_RECORD SET_
# # # # # # #

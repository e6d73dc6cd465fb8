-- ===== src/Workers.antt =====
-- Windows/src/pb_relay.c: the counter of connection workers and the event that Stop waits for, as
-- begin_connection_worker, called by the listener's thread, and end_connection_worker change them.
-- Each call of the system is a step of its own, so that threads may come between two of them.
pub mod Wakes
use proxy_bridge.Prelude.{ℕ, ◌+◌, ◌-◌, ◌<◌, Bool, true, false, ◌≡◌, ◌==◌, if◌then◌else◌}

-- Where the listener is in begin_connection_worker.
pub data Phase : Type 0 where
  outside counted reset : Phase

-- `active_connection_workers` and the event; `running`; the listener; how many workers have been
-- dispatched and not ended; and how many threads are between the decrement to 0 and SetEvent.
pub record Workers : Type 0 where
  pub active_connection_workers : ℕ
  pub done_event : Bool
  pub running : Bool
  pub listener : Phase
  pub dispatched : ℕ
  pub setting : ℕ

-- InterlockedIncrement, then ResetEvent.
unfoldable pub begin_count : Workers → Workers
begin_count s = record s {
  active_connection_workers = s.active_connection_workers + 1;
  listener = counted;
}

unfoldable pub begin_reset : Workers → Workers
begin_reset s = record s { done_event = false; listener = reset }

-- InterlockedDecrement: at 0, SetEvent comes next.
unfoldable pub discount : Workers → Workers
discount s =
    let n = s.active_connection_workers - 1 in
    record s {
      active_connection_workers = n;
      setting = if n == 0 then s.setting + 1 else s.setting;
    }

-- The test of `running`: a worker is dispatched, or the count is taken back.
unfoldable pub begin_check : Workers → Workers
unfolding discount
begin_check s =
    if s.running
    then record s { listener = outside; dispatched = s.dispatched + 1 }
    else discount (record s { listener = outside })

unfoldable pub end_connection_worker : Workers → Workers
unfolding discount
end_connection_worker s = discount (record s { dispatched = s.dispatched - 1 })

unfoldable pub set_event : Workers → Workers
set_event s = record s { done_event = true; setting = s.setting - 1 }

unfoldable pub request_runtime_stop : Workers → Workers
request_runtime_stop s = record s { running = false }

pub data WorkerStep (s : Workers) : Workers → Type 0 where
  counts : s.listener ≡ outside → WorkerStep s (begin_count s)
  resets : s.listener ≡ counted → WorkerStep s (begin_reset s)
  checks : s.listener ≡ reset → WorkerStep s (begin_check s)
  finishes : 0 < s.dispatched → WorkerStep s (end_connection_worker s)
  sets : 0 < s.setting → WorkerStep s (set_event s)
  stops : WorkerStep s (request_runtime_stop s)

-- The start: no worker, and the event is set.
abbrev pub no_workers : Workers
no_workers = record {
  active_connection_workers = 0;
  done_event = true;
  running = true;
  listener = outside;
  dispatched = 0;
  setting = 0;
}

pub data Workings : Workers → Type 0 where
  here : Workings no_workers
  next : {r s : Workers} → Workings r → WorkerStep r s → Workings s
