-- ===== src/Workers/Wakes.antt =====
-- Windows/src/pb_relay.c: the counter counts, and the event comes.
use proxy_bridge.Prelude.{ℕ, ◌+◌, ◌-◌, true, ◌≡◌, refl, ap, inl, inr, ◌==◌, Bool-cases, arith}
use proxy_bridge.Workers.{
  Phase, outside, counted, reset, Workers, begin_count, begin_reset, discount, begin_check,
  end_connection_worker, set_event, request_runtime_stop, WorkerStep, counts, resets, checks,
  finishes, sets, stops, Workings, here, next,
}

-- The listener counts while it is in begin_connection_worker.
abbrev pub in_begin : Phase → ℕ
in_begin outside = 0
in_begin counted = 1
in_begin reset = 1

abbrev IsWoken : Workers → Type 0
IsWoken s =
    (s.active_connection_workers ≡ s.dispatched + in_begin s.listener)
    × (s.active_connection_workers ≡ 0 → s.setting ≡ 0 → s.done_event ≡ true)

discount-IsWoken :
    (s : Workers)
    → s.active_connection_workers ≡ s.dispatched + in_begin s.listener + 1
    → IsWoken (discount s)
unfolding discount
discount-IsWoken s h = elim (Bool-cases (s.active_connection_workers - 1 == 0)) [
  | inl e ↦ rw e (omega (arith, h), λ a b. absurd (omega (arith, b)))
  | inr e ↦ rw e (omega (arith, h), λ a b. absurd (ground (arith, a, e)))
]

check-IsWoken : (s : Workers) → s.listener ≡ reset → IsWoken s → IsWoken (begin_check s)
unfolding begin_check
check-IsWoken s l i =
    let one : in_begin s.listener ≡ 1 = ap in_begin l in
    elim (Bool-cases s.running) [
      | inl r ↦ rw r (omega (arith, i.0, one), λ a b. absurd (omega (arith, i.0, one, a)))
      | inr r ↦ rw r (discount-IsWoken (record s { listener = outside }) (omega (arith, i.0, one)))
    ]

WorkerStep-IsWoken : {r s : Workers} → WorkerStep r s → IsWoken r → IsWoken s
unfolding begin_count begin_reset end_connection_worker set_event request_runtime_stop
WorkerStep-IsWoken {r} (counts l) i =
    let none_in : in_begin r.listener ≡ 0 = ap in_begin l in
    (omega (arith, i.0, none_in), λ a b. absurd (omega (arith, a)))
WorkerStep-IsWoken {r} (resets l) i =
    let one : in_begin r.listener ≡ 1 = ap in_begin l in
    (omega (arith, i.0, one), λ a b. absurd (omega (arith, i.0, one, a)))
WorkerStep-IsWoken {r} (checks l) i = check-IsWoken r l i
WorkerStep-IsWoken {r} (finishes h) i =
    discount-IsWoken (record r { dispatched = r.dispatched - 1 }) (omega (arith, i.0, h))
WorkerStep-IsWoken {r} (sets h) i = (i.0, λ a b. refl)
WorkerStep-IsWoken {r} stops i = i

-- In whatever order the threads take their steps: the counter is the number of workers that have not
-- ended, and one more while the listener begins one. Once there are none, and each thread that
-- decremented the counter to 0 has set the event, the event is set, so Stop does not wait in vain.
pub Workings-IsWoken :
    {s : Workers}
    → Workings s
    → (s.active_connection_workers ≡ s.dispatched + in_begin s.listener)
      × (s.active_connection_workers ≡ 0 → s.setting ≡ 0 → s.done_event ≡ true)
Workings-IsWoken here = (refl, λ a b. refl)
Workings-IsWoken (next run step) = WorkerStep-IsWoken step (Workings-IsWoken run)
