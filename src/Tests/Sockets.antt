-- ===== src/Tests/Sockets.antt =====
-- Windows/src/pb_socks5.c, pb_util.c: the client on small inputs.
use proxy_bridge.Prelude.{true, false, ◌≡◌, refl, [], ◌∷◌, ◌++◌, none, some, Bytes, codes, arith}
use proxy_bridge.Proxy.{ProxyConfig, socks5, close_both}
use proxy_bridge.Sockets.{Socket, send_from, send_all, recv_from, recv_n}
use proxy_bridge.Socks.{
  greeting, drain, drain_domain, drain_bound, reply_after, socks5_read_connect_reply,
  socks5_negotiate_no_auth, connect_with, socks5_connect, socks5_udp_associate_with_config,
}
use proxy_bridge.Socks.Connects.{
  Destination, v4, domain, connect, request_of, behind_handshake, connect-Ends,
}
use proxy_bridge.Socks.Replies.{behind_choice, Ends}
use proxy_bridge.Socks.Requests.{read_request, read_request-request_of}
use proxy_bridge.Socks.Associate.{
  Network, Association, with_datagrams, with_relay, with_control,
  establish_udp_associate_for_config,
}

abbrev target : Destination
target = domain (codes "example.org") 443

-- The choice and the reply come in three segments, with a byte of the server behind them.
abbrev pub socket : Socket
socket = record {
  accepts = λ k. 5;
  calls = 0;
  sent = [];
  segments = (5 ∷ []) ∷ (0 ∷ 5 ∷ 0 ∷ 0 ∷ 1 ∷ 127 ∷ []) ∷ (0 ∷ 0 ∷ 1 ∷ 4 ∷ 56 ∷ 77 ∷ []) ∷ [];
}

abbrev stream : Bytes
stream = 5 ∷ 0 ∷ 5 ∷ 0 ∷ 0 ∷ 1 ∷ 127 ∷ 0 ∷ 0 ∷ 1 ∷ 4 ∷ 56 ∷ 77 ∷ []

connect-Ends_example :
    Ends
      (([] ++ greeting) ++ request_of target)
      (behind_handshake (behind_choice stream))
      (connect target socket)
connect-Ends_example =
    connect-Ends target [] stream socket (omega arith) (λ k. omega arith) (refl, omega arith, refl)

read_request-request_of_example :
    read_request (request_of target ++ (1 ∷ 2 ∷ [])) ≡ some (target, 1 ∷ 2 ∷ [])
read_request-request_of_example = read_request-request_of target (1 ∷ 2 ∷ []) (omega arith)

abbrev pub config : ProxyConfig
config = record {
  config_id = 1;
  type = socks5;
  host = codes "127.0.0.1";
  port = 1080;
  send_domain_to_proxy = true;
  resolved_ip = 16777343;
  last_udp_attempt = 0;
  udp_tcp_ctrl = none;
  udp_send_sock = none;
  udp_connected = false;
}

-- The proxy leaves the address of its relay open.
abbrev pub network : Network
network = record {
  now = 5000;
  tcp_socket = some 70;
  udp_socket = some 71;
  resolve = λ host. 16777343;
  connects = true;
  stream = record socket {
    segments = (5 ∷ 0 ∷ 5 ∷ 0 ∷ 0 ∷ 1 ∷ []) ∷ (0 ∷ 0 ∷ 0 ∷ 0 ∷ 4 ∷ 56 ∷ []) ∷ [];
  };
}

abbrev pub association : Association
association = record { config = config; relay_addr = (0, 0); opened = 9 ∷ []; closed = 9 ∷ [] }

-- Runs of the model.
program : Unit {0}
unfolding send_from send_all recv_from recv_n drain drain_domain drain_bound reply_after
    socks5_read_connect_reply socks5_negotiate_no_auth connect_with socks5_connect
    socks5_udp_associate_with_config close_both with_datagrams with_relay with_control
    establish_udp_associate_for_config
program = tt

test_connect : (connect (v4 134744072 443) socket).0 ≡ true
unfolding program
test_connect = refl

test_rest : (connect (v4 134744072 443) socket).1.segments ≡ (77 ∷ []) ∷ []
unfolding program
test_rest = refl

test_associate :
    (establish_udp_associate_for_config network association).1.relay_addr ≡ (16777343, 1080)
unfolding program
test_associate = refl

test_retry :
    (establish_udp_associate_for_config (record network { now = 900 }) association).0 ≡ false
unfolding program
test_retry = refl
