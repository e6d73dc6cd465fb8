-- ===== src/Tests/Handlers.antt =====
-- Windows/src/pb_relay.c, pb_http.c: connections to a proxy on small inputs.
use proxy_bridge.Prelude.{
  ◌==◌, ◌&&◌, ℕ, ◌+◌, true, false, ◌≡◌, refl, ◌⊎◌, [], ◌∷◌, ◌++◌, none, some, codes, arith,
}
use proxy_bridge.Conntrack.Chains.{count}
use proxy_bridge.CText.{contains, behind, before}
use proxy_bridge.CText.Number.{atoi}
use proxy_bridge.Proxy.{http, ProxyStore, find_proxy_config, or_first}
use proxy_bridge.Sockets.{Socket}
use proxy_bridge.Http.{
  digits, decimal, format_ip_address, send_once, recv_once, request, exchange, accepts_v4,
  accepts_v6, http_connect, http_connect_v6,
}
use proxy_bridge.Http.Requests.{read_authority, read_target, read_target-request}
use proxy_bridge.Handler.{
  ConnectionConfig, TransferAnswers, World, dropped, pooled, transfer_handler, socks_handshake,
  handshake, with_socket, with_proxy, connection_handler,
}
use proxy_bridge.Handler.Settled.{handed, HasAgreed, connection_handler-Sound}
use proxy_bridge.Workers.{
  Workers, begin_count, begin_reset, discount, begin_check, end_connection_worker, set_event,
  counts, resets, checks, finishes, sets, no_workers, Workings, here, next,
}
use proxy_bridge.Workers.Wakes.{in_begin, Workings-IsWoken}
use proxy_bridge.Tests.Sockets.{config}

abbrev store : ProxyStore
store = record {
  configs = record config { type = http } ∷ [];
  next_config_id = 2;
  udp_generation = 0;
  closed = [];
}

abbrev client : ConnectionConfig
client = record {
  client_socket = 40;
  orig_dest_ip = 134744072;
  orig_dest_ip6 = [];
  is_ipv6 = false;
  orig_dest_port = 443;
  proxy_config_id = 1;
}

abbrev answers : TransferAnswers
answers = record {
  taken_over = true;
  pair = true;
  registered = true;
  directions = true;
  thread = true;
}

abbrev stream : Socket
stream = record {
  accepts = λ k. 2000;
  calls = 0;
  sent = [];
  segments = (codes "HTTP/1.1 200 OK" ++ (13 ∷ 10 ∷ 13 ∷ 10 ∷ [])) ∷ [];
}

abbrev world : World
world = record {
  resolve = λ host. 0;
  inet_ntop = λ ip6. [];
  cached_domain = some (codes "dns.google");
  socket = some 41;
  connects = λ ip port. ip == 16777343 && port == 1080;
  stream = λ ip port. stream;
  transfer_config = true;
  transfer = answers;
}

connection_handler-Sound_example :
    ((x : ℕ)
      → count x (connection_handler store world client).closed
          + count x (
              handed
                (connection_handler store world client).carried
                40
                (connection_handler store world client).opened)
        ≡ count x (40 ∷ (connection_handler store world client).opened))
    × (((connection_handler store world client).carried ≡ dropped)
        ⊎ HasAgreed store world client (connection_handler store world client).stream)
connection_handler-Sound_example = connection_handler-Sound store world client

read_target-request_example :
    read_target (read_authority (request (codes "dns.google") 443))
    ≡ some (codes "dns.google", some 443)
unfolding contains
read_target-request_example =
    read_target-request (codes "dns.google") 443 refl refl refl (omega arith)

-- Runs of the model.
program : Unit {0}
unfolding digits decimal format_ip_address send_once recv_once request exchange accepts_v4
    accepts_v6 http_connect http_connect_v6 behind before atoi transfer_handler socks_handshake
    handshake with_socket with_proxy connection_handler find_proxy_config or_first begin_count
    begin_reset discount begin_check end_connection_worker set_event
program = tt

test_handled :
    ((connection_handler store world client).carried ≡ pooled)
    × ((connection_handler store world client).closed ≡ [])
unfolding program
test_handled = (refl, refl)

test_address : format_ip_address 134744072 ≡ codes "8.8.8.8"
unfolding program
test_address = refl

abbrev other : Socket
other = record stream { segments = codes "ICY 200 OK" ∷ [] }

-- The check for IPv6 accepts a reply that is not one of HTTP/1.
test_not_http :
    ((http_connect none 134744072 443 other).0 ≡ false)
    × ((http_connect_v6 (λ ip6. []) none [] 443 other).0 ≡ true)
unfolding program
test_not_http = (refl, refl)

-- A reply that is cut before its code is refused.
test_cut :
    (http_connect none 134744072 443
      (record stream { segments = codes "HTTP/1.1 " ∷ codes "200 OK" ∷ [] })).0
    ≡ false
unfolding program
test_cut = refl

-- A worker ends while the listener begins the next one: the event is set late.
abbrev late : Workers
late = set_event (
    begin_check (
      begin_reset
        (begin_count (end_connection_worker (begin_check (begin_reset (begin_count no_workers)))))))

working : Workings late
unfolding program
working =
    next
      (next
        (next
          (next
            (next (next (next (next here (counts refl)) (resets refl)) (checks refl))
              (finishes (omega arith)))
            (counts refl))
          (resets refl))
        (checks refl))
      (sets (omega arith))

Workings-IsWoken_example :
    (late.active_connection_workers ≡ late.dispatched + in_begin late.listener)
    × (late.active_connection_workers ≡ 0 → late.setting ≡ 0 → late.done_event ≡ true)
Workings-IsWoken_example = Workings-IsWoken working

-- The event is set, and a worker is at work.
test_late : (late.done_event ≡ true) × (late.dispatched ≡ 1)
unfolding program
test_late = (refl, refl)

# # # # # # #

_PROBLEM TO SOLVE_
Restate word for word the lines in the material above from the one with "in_begin reset = 1" to the one with "check-IsWoken s l"; both of those lines count, and nothing else does.

_RESULT_
in_begin reset = 1

abbrev IsWoken : Workers → Type 0
IsWoken s =
    (s.active_connection_workers ≡ s.dispatched + in_begin s.listener)
    × (s.active_connection_workers ≡ 0 → s.setting ≡ 0 → s.done_event ≡ true)

discount-IsWoken :
    (s : Workers)
    → s.active_connection_workers ≡ s.dispatched + in_begin s.listener + 1
    → IsWoken (discount s)
unfolding discount
discount-IsWoken s h = elim (Bool-cases (s.active_connection_workers - 1 == 0)) [
  | inl e ↦ rw e (omega (arith, h), λ a b. absurd (omega (arith, b)))
  | inr e ↦ rw e (omega (arith, h), λ a b. absurd (ground (arith, a, e)))
]

check-IsWoken : (s : Workers) → s.listener ≡ reset → IsWoken s → IsWoken (begin_check s)
unfolding begin_check
check-IsWoken s l i =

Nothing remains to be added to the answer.